-- ===== src/Metric/Schedule.antt =====
-- When the sub-metrics of core/metric.c are collected, over any number of seconds.
use syswatcher.Base.{
  ℕ, zero, suc, ◌+◌, ◌-◌, ◌/◌, ◌≤◌, ◌<◌, ◌≡◌, refl, ap, Bool, true, false, ◌&&◌, arith,
  if◌then◌else◌, count, pos, negsuc, as_int-zero,
}
use syswatcher.Metric.{SubMetricUnit, MetricUnit, run_sub_metric}
use syswatcher.Metric.Tick.{
  stepped, due, settled, fires, any_due, Has, any_due-Has, ticked, run_sub_metric-Has,
}

-- The unit after so many seconds.
pub seconds : ℕ → MetricUnit → MetricUnit
seconds zero unit = unit
seconds (suc t) unit = seconds t (run_sub_metric unit)

-- How often the unit has queued the sub-metric at this place, as far as no action is taken out.
abbrev pub queued : ℕ → MetricUnit → ℕ
queued n unit = count n unit.action_fifo

-- A sub-metric that is collected for ever, `k` seconds before its ring of `n` seconds is round.
pub record IsPeriodic (s : SubMetricUnit) (n k : ℕ) : Type 0 where
  pub for_ever : s.run_time ≡ negsuc 0
  pub every : s.interval ≡ pos n
  pub left : s.time_ring_left ≡ pos k

ring_start : (n k : ℕ) → 0 < k → k ≤ n → (0 + (n - k)) / n ≡ 0
ring_start n k lo hi = grind arith

ring_round : (t n : ℕ) → 1 ≤ n → (suc t + (n - 1)) / n ≡ 1 + (t + (n - n)) / n
ring_round t n h = grind arith

ring_step : (t n k : ℕ) → suc (suc k) ≤ n → suc t + (n - suc (suc k)) ≡ t + (n - suc k)
ring_step t n k h = omega arith

abbrev one_if : Bool → ℕ
one_if b = if b then 1 else 0

quiet : (b c : Bool) → c ≡ false → one_if (b && c) ≡ 0
quiet b c e = ground arith

loud : (b c : Bool) → b ≡ true → c ≡ true → one_if (b && c) ≡ 1
loud b c d e = ground arith

module _ (unit : MetricUnit) (s : SubMetricUnit) (n : ℕ) where
  IsPeriodic-ticked :
      (k : ℕ)
      → IsPeriodic s n (suc (suc k))
      → IsPeriodic (ticked unit s) n (suc k) × (fires (stepped s) ≡ false)
  unfolding stepped settled fires
  IsPeriodic-ticked k p =
      let a = p.for_ever in
      let b = p.left in
      (
        record { for_ever = ground arith; every = ground (arith, p.every); left = ground arith },
        ground arith,
      )

  IsPeriodic-round :
      IsPeriodic s n 1
      → any_due unit.sub_metrics ≡ true
      → IsPeriodic (ticked unit s) n n × (fires (stepped s) ≡ true)
  unfolding stepped settled fires
  IsPeriodic-round p t =
      let a = p.for_ever in
      let b = p.left in
      let c = p.every in
      (record { for_ever = ground arith; every = ground arith; left = ground arith }, ground arith)

IsPeriodic-due : (s : SubMetricUnit) (n : ℕ) → IsPeriodic s n 1 → due s ≡ true
unfolding due
IsPeriodic-due s n p = let a = p.for_ever in let b = p.left in ground (arith, as_int-zero)

node-ticked : (unit : MetricUnit) (s : SubMetricUnit) → (ticked unit s).node ≡ s.node
unfolding stepped settled
node-ticked unit s = ground arith

-- A sub-metric that is collected for ever every `n` seconds, `k` seconds before its ring is round, has
-- been queued `(t + n - k) / n` times more after `t` seconds, whatever else is in its unit.
pub queued-seconds :
    (t n k : ℕ) {unit : MetricUnit} {s : SubMetricUnit}
    → Has unit s
    → IsPeriodic s n k
    → 0 < k
    → k ≤ n
    → queued s.node (seconds t unit) ≡ queued s.node unit + (t + (n - k)) / n
unfolding seconds
queued-seconds zero n k h p lo hi = omega (arith, ring_start n k lo hi)
queued-seconds (suc t) n zero h p lo hi = absurd (omega arith)
queued-seconds (suc t) n (suc zero) {unit} {s} h p lo hi =
    let d = any_due-Has h (IsPeriodic-due s n p) in
    let (p', f) = IsPeriodic-round unit s n p d in
    let (h', q) = run_sub_metric-Has h in
    let ih = rw (node-ticked unit s) at (queued-seconds t n n h' p' hi (omega arith)) in
    omega (arith, loud (any_due unit.sub_metrics) (fires (stepped s)) d f, ring_round t n hi)
queued-seconds (suc t) n (suc (suc k)) {unit} {s} h p lo hi =
    let (p', f) = IsPeriodic-ticked unit s n k p in
    let (h', q) = run_sub_metric-Has h in
    let ih =
      rw (node-ticked unit s) at (queued-seconds t n (suc k) h' p' (omega arith) (omega arith)) in
    omega (
      arith,
      quiet (any_due unit.sub_metrics) (fires (stepped s)) f,
      ap (λ m. m / n) (ring_step t n k hi),
    )

-- A sub-metric whose `run_time` is used up.
abbrev IsDone : SubMetricUnit → Type 0
IsDone s = s.run_time ≡ pos 0

IsDone-ticked :
    (unit : MetricUnit) (s : SubMetricUnit)
    → IsDone s
    → IsDone (ticked unit s) × (fires (stepped s) ≡ false)
unfolding stepped settled fires
IsDone-ticked unit s d = (ground arith, ground arith)

-- It is never queued again.
queued-done :
    (t : ℕ) {unit : MetricUnit} {s : SubMetricUnit}
    → Has unit s
    → IsDone s
    → queued s.node (seconds t unit) ≡ queued s.node unit
unfolding seconds
queued-done zero h d = refl
queued-done (suc t) {unit} {s} h d =
    let (d', f) = IsDone-ticked unit s d in
    let (h', q) = run_sub_metric-Has h in
    let ih = rw (node-ticked unit s) at (queued-done t h' d') in
    omega (arith, quiet (any_due unit.sub_metrics) (fires (stepped s)) f)

module _ (unit : MetricUnit) (s : SubMetricUnit) (once : s.run_time ≡ pos 1) where
  once-due : (k : ℕ) → k ≤ 1 → s.time_ring_left ≡ pos k → due s ≡ true
  unfolding due
  once-due zero le e = ground (arith, as_int-zero)
  once-due (suc zero) le e = ground (arith, as_int-zero)
  once-due (suc (suc k)) le e = absurd (omega arith)

  once-ticked : any_due unit.sub_metrics ≡ true → IsDone (ticked unit s)
  unfolding stepped settled
  once-ticked t = ground arith

  once-fires : (k : ℕ) → k ≤ 1 → s.time_ring_left ≡ pos k → fires (stepped s) ≡ true
  unfolding stepped fires
  once-fires zero le e = ground arith
  once-fires (suc zero) le e = ground arith
  once-fires (suc (suc k)) le e = absurd (omega arith)

  once-waits : (k : ℕ) → s.time_ring_left ≡ pos (suc (suc k)) → fires (stepped s) ≡ false
  unfolding stepped fires
  once-waits k e = ground arith

-- A sub-metric that runs once and whose ring is at most one step from its end is queued in the next
-- second, and never again.
pub queued_once :
    (t k : ℕ) {unit : MetricUnit} {s : SubMetricUnit}
    → Has unit s
    → s.run_time ≡ pos 1
    → s.time_ring_left ≡ pos k
    → k ≤ 1
    → queued s.node (seconds (suc t) unit) ≡ queued s.node unit + 1
unfolding seconds
queued_once t k {unit} {s} h once e le =
    let d = any_due-Has h (once-due unit s once k le e) in
    let (h', q) = run_sub_metric-Has h in
    let f = once-fires unit s once k le e in
    let one = loud (any_due unit.sub_metrics) (fires (stepped s)) d f in
    let ih = rw (node-ticked unit s) at (queued-done t h' (once-ticked unit s once d)) in
    omega arith

-- A sub-metric that runs once, and whose ring is still two steps or more from its end in a second
-- in which another one of the unit is due, is used up by that second: it is never collected.
pub queued_starved :
    (t k : ℕ) {unit : MetricUnit} {s : SubMetricUnit}
    → Has unit s
    → s.run_time ≡ pos 1
    → s.time_ring_left ≡ pos (suc (suc k))
    → any_due unit.sub_metrics ≡ true
    → queued s.node (seconds t unit) ≡ queued s.node unit
unfolding seconds
queued_starved zero k h once e d = refl
queued_starved (suc t) k {unit} {s} h once e d =
    let (h', q) = run_sub_metric-Has h in
    let f = once-waits unit s once k e in
    let no_more = quiet (any_due unit.sub_metrics) (fires (stepped s)) f in
    let ih = rw (node-ticked unit s) at (queued-done t h' (once-ticked unit s once d)) in
    omega arith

----

[PROBLEM]:
Write out every line from the data above that includes "used".

[COMPLETED EXERCISE]:
-- A sub-metric whose `run_time` is used up.
-- in which another one of the unit is due, is used up by that second: it is never collected.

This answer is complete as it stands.